Abstract:
Objective To develop an interpretable multimodal model that integrates whole-slide images(WSI) and clinical features, and to validate its efficacy in predicting complete pathological response (CPR) in lung cancer patients following neoadjuvant therapy.
Methods The patients and their clinicopathologic data as well as Hematoxylin and Eosin stained sections were retrospectively collected who received neoadjuvant therapy between March 2015 and March 2025. For the WSI branch, the predictive performance of five pathology foundation models (CTransPath, Virchow2, H-optimus-0, Phikon-V2, and UNI-V2) was compared within the CLAM-SB framework to identify the optimal feature extractor. The clinical branch was constructed using the extreme gradient boosting (XGBoost) model. Subsequently, a multimodal prediction model for complete pathologic response (MP-CPR) was established through decision-layer logistic regression fusion. Model performance was evaluated using the area under the receiver operating characteristic curve (AUC), accuracy, sensitivity, specificity, F1-score, and Brier score. Interpretability analysis was performed using attention heatmaps and the Shapley Additive Explanations(SHAP) algorithm.

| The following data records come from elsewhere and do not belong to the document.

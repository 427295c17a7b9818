-- ===== src/ConstFold/Trunc.antt =====
-- Truncation to a type (`trunc_wrap_to_type` of src/middleend/ir_constfold.c) against the reference
-- meaning of Ir/Eval.
use baa.Base.{
  ℕ, ◌+◌, ◌-◌, ◌*◌, ◌%◌, ◌^◌, ◌<◌, ◌≤◌, ◌≡◌, refl, subst, ◌⊎◌, ◌↔◌, Option, none, some, arith,
  if◌then◌else◌, leb,
}
use baa.Base.Int.{ℤ, pos, negsuc}
use baa.Base.Word.{IsWord, encode64}
use baa.Ir.Types.{IrType}
use baa.Ir.Eval.{wrap_to, residue, sign_extend}
use baa.ConstFold.{trunc_wrap_to_type}

residue-encode64_8 : (z : ℤ) → encode64 z % 2 ^ 8 ≡ residue (2 ^ 8) z
unfolding encode64
residue-encode64_8 (pos n) = omega arith
residue-encode64_8 (negsuc n) = omega arith

residue-encode64_16 : (z : ℤ) → encode64 z % 2 ^ 16 ≡ residue (2 ^ 16) z
unfolding encode64
residue-encode64_16 (pos n) = omega arith
residue-encode64_16 (negsuc n) = omega arith

residue-encode64_32 : (z : ℤ) → encode64 z % 2 ^ 32 ≡ residue (2 ^ 32) z
unfolding encode64
residue-encode64_32 (pos n) = omega arith
residue-encode64_32 (negsuc n) = omega arith

-- The sign bit extended by the test of the source and by that of the reference.
sign_extend_lem :
    (half u : ℕ) → (if leb half u then u + (2 ^ 64 - 2 * half) else u) ≡ sign_extend half u
sign_extend_lem half u = ground arith

-- Truncating the 64-bit word of an integer gives the word of the integer at the type.
pub trunc-encode64 : (t : IrType) (z : ℤ) → trunc_wrap_to_type (encode64 z) (some t) ≡ wrap_to t z
unfolding trunc_wrap_to_type wrap_to
trunc-encode64 IrType.i8 z = rw (residue-encode64_8 z) (sign_extend_lem (2 ^ 7) (residue (2 ^ 8) z))
trunc-encode64 IrType.i16 z =
    rw (residue-encode64_16 z) (sign_extend_lem (2 ^ 15) (residue (2 ^ 16) z))
trunc-encode64 IrType.i32 z =
    rw (residue-encode64_32 z) (sign_extend_lem (2 ^ 31) (residue (2 ^ 32) z))
trunc-encode64 IrType.u8 z = residue-encode64_8 z
trunc-encode64 IrType.u16 z = residue-encode64_16 z
trunc-encode64 IrType.u32 z = residue-encode64_32 z
trunc-encode64 _ z = refl

-- The words that stand for a number of a signed width, given the weight of its sign bit.
abbrev pub IsSignedWord : ℕ → ℕ → Type 0
IsSignedWord half w = (w < half) ⊎ (2 ^ 64 - half ≤ w) × (w < 2 ^ 64)

-- The words that stand for a value of a type: in range, and extended to 64 bits.
abbrev pub IsCanonical : IrType → ℕ → Type 0
IsCanonical IrType.i1 w = w < 2
IsCanonical IrType.i8 w = IsSignedWord (2 ^ 7) w
IsCanonical IrType.i16 w = IsSignedWord (2 ^ 15) w
IsCanonical IrType.i32 w = IsSignedWord (2 ^ 31) w
IsCanonical IrType.u8 w = w < 2 ^ 8
IsCanonical IrType.u16 w = w < 2 ^ 16
IsCanonical IrType.u32 w = w < 2 ^ 32
IsCanonical _ w = IsWord w

trunc-IsCanonical : (t : IrType) (v : ℕ) → IsWord v → IsCanonical t (trunc_wrap_to_type v (some t))
unfolding trunc_wrap_to_type
trunc-IsCanonical IrType.i1 v h = ground arith
trunc-IsCanonical IrType.i8 v h = ground arith
trunc-IsCanonical IrType.i16 v h = ground arith
trunc-IsCanonical IrType.i32 v h = ground arith
trunc-IsCanonical IrType.u8 v h = ground arith
trunc-IsCanonical IrType.u16 v h = ground arith
trunc-IsCanonical IrType.u32 v h = ground arith
trunc-IsCanonical _ v h = h

trunc_canonical : (t : IrType) (v : ℕ) → IsCanonical t v → trunc_wrap_to_type v (some t) ≡ v
unfolding trunc_wrap_to_type
trunc_canonical IrType.i1 v h = ground arith
trunc_canonical IrType.i8 v h = ground arith
trunc_canonical IrType.i16 v h = ground arith
trunc_canonical IrType.i32 v h = ground arith
trunc_canonical IrType.u8 v h = ground arith
trunc_canonical IrType.u16 v h = ground arith
trunc_canonical IrType.u32 v h = ground arith
trunc_canonical _ v h = refl

-- For every type and 64-bit word, truncation gives a word that stands for a value of the type, and
-- it leaves exactly such words as they are.
pub trunc-IsCanonical_iff :
    (t : IrType) (v : ℕ)
    → IsWord v
    → IsCanonical t (trunc_wrap_to_type v (some t))
      × ((trunc_wrap_to_type v (some t) ≡ v) ↔ IsCanonical t v)
trunc-IsCanonical_iff t v h = (
  trunc-IsCanonical t v h,
  (λ e. subst (IsCanonical t) e (trunc-IsCanonical t v h), trunc_canonical t v),
)

-- A second truncation to the same type changes nothing.
pub trunc_idem :
    (t : Option IrType) (v : ℕ)
    → trunc_wrap_to_type (trunc_wrap_to_type v t) t ≡ trunc_wrap_to_type v t
unfolding trunc_wrap_to_type
trunc_idem none v = refl
trunc_idem (some IrType.i1) v = ground arith
trunc_idem (some IrType.i8) v = ground arith
trunc_idem (some IrType.i16) v = ground arith
trunc_idem (some IrType.i32) v = ground arith
trunc_idem (some IrType.u8) v = ground arith
trunc_idem (some IrType.u16) v = ground arith
trunc_idem (some IrType.u32) v = ground arith
trunc_idem (some _) v = refl

pub trunc-IsWord : (t : Option IrType) (v : ℕ) → IsWord v → IsWord (trunc_wrap_to_type v t)
unfolding trunc_wrap_to_type
trunc-IsWord none v h = h
trunc-IsWord (some IrType.i1) v h = ground arith
trunc-IsWord (some IrType.i8) v h = ground arith
trunc-IsWord (some IrType.i16) v h = ground arith
trunc-IsWord (some IrType.i32) v h = ground arith
trunc-IsWord (some IrType.u8) v h = ground arith
trunc-IsWord (some IrType.u16) v h = ground arith
trunc-IsWord (some IrType.u32) v h = ground arith
trunc-IsWord (some _) v h = h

Results A total of 728 patients were enrolled in this study. Among them, a total of 676 patients from the Fourth Hospital of Hebei Medical University were selected as internal cohort, which was randomly divided into training set (n=536), validation set (n=70), and internal testing set (n=70) at a ratio of 8:1:1. Additionally, 32 patients from the Affiliated Hospital of Hebei University and 20 from Handan First Hospital were selected as external validation set 1 and external validation set 2, respectively. In the internal testing set, UNI-V2 emerged as the top-performing feature extractor for the WSI branch, achieving an AUC of 0.774 (95% CI: 0.688–0.861). The resulting MP-CPR multimodal model yielded an AUC of 0.812 (95% CI: 0.725–0.899) in the internal testing set, outperforming both the WSI-only model (0.774) and the clinical-only model (0.780), with an accuracy of 81.8%, sensitivity of 70.6%, specificity of 86.5%, and a Brier score of 0.125. In external validation set 1, the MP-CPR model achieved an AUC of 0.746 (95% CI: 0.598–0.898) and an accuracy of 75.0%; in external validation set 2, it achieved an AUC of 0.722 (95% CI: 0.538–0.918) and an accuracy of 80.0%. Attention heatmaps revealed that the model-focused regions were primarily concentrated within the tumor parenchyma and treatment-related peritumoral areas. SHAP analysis indicated that preoperative treatment regimen, pathological diagnosis, tumor-to-stroma ratio, age, and smoking history were the top five contributors to CPR prediction.
Conclusion MP-CPR model developed and validated based on multicenter data outperforms single-modality models in predicting CPR for lung cancer. The interpretability results demonstrate good consistency with clinicopathologic knowledge, suggesting that the model holds promise as a potential auxiliary reference for the clinical evaluation of treatment response and the optimization of individualized therapeutic decisions.